[Stored items]
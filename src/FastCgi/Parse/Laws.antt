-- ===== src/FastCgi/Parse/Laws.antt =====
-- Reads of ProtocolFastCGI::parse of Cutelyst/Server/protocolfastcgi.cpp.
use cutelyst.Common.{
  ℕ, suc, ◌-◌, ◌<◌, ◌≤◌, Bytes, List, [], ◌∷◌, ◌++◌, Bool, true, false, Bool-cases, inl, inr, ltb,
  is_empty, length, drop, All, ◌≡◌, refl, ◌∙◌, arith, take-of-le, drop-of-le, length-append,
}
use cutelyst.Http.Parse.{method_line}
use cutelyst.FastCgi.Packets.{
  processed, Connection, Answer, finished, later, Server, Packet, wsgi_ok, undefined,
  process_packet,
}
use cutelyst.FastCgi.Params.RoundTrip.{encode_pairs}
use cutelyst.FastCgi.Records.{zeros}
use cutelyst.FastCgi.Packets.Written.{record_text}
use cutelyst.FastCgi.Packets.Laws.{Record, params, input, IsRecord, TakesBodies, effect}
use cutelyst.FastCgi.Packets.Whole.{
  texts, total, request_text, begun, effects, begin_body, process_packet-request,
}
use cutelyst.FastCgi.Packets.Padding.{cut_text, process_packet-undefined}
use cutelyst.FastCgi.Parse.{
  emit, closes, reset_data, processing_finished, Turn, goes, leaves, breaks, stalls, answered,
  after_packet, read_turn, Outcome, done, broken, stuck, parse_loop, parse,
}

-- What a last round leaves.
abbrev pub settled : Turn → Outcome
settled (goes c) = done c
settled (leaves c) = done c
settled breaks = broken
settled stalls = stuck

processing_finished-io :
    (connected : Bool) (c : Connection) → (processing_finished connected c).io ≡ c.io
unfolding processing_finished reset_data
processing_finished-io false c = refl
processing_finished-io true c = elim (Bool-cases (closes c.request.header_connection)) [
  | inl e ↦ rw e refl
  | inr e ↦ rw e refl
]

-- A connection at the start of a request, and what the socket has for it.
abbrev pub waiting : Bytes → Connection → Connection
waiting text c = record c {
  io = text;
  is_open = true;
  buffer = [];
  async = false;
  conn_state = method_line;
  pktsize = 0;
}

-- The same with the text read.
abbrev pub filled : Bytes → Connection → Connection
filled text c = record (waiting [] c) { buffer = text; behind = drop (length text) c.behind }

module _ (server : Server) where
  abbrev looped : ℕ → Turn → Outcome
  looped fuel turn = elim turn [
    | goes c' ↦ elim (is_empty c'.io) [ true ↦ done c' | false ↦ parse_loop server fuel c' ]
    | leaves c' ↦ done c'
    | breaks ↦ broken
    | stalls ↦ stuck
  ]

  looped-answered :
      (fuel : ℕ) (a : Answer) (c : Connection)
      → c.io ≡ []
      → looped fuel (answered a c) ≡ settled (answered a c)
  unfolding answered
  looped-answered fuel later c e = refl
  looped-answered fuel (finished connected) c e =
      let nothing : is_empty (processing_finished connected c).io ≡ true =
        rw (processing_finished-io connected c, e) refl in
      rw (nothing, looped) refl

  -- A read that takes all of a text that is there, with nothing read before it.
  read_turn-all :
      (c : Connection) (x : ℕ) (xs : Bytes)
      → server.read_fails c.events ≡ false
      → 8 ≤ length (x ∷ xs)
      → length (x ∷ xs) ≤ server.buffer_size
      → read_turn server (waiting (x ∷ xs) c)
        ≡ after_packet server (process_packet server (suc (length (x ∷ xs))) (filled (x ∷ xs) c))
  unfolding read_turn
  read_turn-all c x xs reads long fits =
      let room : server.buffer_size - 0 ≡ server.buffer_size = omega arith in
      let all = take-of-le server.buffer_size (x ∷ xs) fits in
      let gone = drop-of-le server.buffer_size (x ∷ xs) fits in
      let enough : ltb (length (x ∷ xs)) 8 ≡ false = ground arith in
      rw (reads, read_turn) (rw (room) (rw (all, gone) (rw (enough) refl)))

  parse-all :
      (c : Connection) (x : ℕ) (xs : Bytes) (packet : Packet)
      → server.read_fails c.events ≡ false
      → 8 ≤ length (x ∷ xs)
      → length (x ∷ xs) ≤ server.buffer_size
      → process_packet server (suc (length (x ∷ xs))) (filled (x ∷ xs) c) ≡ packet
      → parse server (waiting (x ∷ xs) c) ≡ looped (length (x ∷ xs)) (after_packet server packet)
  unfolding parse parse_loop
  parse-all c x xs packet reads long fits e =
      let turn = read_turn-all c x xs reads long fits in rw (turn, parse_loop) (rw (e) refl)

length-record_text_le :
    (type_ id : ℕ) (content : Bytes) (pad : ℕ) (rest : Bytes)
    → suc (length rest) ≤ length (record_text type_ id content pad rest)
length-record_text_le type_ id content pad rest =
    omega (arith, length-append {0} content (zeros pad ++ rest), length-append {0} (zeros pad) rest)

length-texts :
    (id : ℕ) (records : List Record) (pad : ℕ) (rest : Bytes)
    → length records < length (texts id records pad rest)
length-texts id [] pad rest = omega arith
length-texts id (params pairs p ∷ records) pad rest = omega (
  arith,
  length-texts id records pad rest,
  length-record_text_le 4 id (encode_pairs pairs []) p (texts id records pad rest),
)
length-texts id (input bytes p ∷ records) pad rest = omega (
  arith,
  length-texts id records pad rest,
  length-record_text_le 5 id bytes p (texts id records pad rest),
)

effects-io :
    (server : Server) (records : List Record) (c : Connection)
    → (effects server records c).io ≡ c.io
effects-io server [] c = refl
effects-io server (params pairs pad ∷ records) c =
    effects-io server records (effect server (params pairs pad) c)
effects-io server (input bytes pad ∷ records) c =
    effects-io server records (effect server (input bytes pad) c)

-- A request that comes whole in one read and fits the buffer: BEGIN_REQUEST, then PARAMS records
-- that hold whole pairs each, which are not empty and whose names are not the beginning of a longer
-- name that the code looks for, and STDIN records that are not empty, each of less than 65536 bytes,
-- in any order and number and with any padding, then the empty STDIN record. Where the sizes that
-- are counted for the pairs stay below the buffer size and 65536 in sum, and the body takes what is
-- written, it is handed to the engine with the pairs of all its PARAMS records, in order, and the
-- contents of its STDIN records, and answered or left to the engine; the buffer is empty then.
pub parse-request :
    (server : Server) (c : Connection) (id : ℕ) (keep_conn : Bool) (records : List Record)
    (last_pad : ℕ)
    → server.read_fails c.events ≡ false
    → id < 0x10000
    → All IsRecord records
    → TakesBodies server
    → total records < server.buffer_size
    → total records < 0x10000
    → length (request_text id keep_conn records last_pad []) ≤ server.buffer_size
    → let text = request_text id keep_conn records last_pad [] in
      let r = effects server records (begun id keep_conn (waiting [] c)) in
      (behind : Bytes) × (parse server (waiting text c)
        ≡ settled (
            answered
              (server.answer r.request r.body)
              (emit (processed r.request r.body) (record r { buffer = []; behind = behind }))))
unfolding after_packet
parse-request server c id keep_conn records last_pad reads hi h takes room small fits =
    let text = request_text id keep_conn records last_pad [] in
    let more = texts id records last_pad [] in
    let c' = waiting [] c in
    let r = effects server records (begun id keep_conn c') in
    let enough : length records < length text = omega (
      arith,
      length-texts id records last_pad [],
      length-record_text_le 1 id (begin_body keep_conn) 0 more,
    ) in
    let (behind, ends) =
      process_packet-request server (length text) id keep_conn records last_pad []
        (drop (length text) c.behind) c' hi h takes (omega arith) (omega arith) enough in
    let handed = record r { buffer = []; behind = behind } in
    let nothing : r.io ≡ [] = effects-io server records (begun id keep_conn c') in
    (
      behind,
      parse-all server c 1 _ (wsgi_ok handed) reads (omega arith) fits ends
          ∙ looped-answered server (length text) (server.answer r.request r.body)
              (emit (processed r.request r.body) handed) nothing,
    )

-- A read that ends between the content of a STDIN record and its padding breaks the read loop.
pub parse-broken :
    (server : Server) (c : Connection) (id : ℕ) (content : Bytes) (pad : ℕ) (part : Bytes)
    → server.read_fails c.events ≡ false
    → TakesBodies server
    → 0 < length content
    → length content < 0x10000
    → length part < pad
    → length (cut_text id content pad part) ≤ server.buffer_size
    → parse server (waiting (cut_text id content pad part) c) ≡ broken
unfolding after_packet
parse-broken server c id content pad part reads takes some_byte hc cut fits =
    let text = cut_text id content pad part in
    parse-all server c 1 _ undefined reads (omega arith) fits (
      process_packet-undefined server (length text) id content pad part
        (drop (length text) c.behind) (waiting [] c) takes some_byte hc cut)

» **Work instructions**
Could you retype exactly the lines above, starting at the line that contains "omega (arith, length-append" and ending at the line that contains "length-texts id [] pad rest = omega arith", and nothing more?

» **Your response**
    omega (arith, length-append {0} content (zeros pad ++ rest), length-append {0} (zeros pad) rest)

length-texts :
    (id : ℕ) (records : List Record) (pad : ℕ) (rest : Bytes)
    → length records < length (texts id records pad rest)
length-texts id [] pad rest = omega arith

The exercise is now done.